RBI’s Decision: Credit Card Payments May Face Service Closure
The Reserve Bank of India (RBI) has issued a directive that could potentially lead to the closure of certain services related to credit card payments. This move has raised concerns among consumers and businesses alike.
In August 2022, RBI issued a circular prohibiting non-bank entities from storing payment data of customers. This includes card-on-file (CoF) data, which is the sensitive information stored by merchants to facilitate recurring payments on behalf of customers.
Impact on Services
The RBI’s directive affects services that rely on CoF data storage, such as:
Subscription-based services: Businesses that offer subscriptions, such as streaming services, online retailers, and gym memberships, may be unable to process recurring payments automatically.
Auto-pay services: Services that allow customers to set up automatic payments for bills, such as utilities, insurance, and rent, may be disrupted.

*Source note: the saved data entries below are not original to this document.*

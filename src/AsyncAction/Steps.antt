-- ===== src/AsyncAction/Steps.antt =====
-- bteng/nodes/leaf/async_action.py: the interleavings of a node's ticks and halts with its workers.
use bteng.Prelude.{ℕ, ◌≡◌, Bool, true, ◌∷◌}
use bteng.Tick.Reactive.{mem}
use bteng.Executor.{discard}
use bteng.AsyncAction.{Work, AsyncAction, Workers, tick, conclude, halt, reset, publish}

pub record System : Type 0 where
  pub node : AsyncAction
  pub workers : Workers

-- execute_tick, and halt
abbrev pub ticked : System → System
ticked s =
    let (status, node, workers) = tick s.node s.workers in
    record { node = conclude status node; workers = workers }

abbrev pub halted : System → System
halted s = let (node, workers) = halt s.node s.workers in record { node = node; workers = workers }

abbrev pub after_reset : System → System
after_reset s =
    let (node, workers) = reset s.node s.workers in record { node = node; workers = workers }

-- A step of the tick thread, of a worker, or of the host, which stops the pool, or
-- injects a pool, stopped or not, or takes it away.
pub data Step : System → System → Type 0 where
  tick_step : (s : System) → Step s (ticked s)
  halt_step : (s : System) → Step s (halted s)
  reset_step : (s : System) → Step s (after_reset s)
  begin :
      (s : System) (i : ℕ)
      → mem i s.workers.queued ≡ true
      → Step s (record s {
        workers = record s.workers {
          queued = discard i s.workers.queued;
          started = i ∷ s.workers.started;
        };
      })
  end_pool :
      (s : System) (i : ℕ) (work : Work)
      → mem i s.workers.started ≡ true
      → Step s (record s {
        workers = record s.workers {
          started = discard i s.workers.started;
          done = (i, work) ∷ s.workers.done;
        };
      })
  end_thread :
      (s : System) (i : ℕ) (work : Work)
      → mem i s.workers.threads ≡ true
      → Step s (record {
        node = publish work s.node;
        workers = record s.workers { threads = discard i s.workers.threads };
      })
  pool_stops : (s : System) → Step s (record s { workers = record s.workers { stopped = true } })
  inject :
      (s : System) (pool stopped : Bool)
      → Step s (record {
        node = record s.node { thread_pool = pool };
        workers = record s.workers { stopped = stopped };
      })

pub data Reach (first : System) : System → Type 0 where
  here : Reach first first
  more : {s s' : System} → Reach first s → Step s s' → Reach first s'
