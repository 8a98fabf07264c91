-- ===== src/AsyncAction/Published.antt =====
-- bteng/nodes/leaf/async_action.py: where the result of a node that runs on a thread comes from.
use bteng.Prelude.{
  String, ◌≡◌, refl, sym, ◌∙◌, ap, ◌⊎◌, inl, inr, Option, none, some, Bool-cases, arith,
}
use mathlib.Core.Option.{some-injective}
use bteng.Value.{
  Status, idle, running, success, failure, is_status, Value, none_value, bool, int, float, text,
  object,
}
use bteng.AsyncAction.{
  Work, value, escaped, settle, AsyncAction, Workers, settled, start, poll, tick, conclude, halt,
  reset, publish,
}
use bteng.AsyncAction.Steps.{
  System, ticked, halted, Step, tick_step, halt_step, reset_step, begin, end_pool, end_thread,
  pool_stops, inject, Reach, here, more,
}

-- The status that a run gave; what is no status, or an exception, counts as FAILURE.
abbrev pub status_of : Work → Status
status_of (value (Value.status s)) = s
status_of work = failure

pub settle-status_of : (work : Work) → (settle work).0 ≡ status_of work
unfolding settle
settle-status_of (value none_value) = refl
settle-status_of (value (bool b)) = refl
settle-status_of (value (int z)) = refl
settle-status_of (value (float z)) = refl
settle-status_of (value (text t)) = refl
settle-status_of (value (Value.status s)) = refl
settle-status_of (value (object i)) = refl
settle-status_of escaped = refl

-- The step is that of a thread of the node that ends with the work.
abbrev pub Publishes : {s s' : System} → Step s s' → Work → Type 0
Publishes (end_thread s i ended m) work = ended ≡ work
Publishes step work = ⊥

-- A thread of the node has ended with the work.
unfoldable pub HasPublished : {first s : System} → Reach first s → Work → Type 0
HasPublished here work = ⊥
HasPublished (more r step) work = Publishes step work ⊎ HasPublished r work

conclude_result : (o : Option Status) (n : AsyncAction) → (conclude o n).result ≡ n.result
unfolding conclude
conclude_result none n = refl
conclude_result (some idle) n = refl
conclude_result (some running) n = refl
conclude_result (some success) n = refl
conclude_result (some failure) n = refl

poll_result :
    (o : Option (Status × Option String)) (n : AsyncAction) → (poll o n).1.result ≡ n.result
unfolding poll
poll_result none n = refl
poll_result (some (s, f)) n = refl

start_result : (n : AsyncAction) (ws : Workers) → (start n ws).1.result ≡ none
unfolding start
start_result n ws = ground arith

-- The result of a node is gone, is the old one, or comes from a thread.
abbrev Comes : {s s' : System} → Step s s' → Option Status → Option Status → Type 0
Comes step old new =
    (new ≡ none)
    ⊎ ((new ≡ old) ⊎ ((work : Work) × Publishes step work × (new ≡ some (status_of work))))

ticked_result :
    (s : System) → ((ticked s).node.result ≡ none) ⊎ ((ticked s).node.result ≡ s.node.result)
unfolding tick
ticked_result s =
    let n = s.node in
    let ws = s.workers in
    elim (Bool-cases (is_status n.status running)) [
      | inl on ↦ rw on (
          inr (
            conclude_result (some (poll (settled n ws) n).0) (poll (settled n ws) n).1
            ∙ poll_result (settled n ws) n))
      | inr off ↦ rw off (inl (conclude_result (start n ws).0 (start n ws).1 ∙ start_result n ws))
    ]

halted_result :
    (s : System) → ((halted s).node.result ≡ none) ⊎ ((halted s).node.result ≡ s.node.result)
unfolding halt
halted_result s = elim (Bool-cases (is_status s.node.status running)) [
  | inl on ↦ rw on (inl refl)
  | inr off ↦ rw off (inr refl)
]

step-Comes : {s s' : System} (step : Step s s') → Comes step s.node.result s'.node.result
unfolding reset publish
step-Comes (tick_step s) = elim (ticked_result s) [ inl gone ↦ inl gone | inr old ↦ inr (inl old) ]
step-Comes (halt_step s) = elim (halted_result s) [ inl gone ↦ inl gone | inr old ↦ inr (inl old) ]
step-Comes (reset_step s) = inl refl
step-Comes (begin s i m) = inr (inl refl)
step-Comes (end_pool s i work m) = inr (inl refl)
step-Comes (end_thread s i work m) = inr (inr (work, refl, ap some (settle-status_of work)))
step-Comes (pool_stops s) = inr (inl refl)
step-Comes (inject s pool stopped) = inr (inl refl)

-- From a node without a result, a result is what a thread has ended with.
pub result-HasPublished :
    {first s : System} (st : Status)
    → first.node.result ≡ none
    → (r : Reach first s) → s.node.result ≡ some st
    → (work : Work) × HasPublished r work × (st ≡ status_of work)
unfolding HasPublished
result-HasPublished st fresh here e = let k : none ≡ some st = sym fresh ∙ e in absurd (cc)
result-HasPublished st fresh (more r step) e = elim (step-Comes step) [
  | inl gone ↦ let k : none ≡ some st = sym gone ∙ e in absurd (cc)
  | inr (inl old) ↦
      let (work, published, same) = result-HasPublished st fresh r (sym old ∙ e) in
      (work, inr published, same)
  | inr (inr (work, own, new)) ↦ (work, inl own, some-injective st (status_of work) (sym e ∙ new))
]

One-click payments: Merchants that offer one-click payment options for repeat purchases may no longer be able to do so.
Consequences for Consumers and Businesses
The closure of these services could have significant consequences for consumers and businesses:
Convenience: Consumers will lose the convenience of recurring payments and one-click purchases.
Security: The removal of CoF data storage may improve data security, but it could also lead to increased fraud risk as merchants will need to re-authenticate customers for each transaction.
Business revenue: Businesses that rely on subscription-based or auto-pay services may experience a loss of revenue.
RBI’s Rationale
RBI has stated that its decision is aimed at enhancing the security of payment systems and protecting customer data. The bank believes that storing CoF data by non-bank entities poses a potential risk to data breaches and fraud.
Alternative Solutions
Merchants and payment service providers are exploring alternative solutions to address the RBI’s directive. These include:
Tokenization: Tokenization involves replacing sensitive payment data with a unique token that can be used for transactions without exposing the underlying data.
Mandate-based payments: Merchants can obtain a mandate from customers to debit their accounts directly for recurring payments.
Dynamic linking: This involves creating a unique payment link for each transaction, eliminating the need for CoF data storage.
RBI’s decision to prohibit CoF data storage by non-bank entities has significant implications for credit card payments. While the directive aims to enhance security, it may also lead to the closure of certain services and inconvenience for consumers and businesses. Alternative solutions are being explored to mitigate the impact of the directive.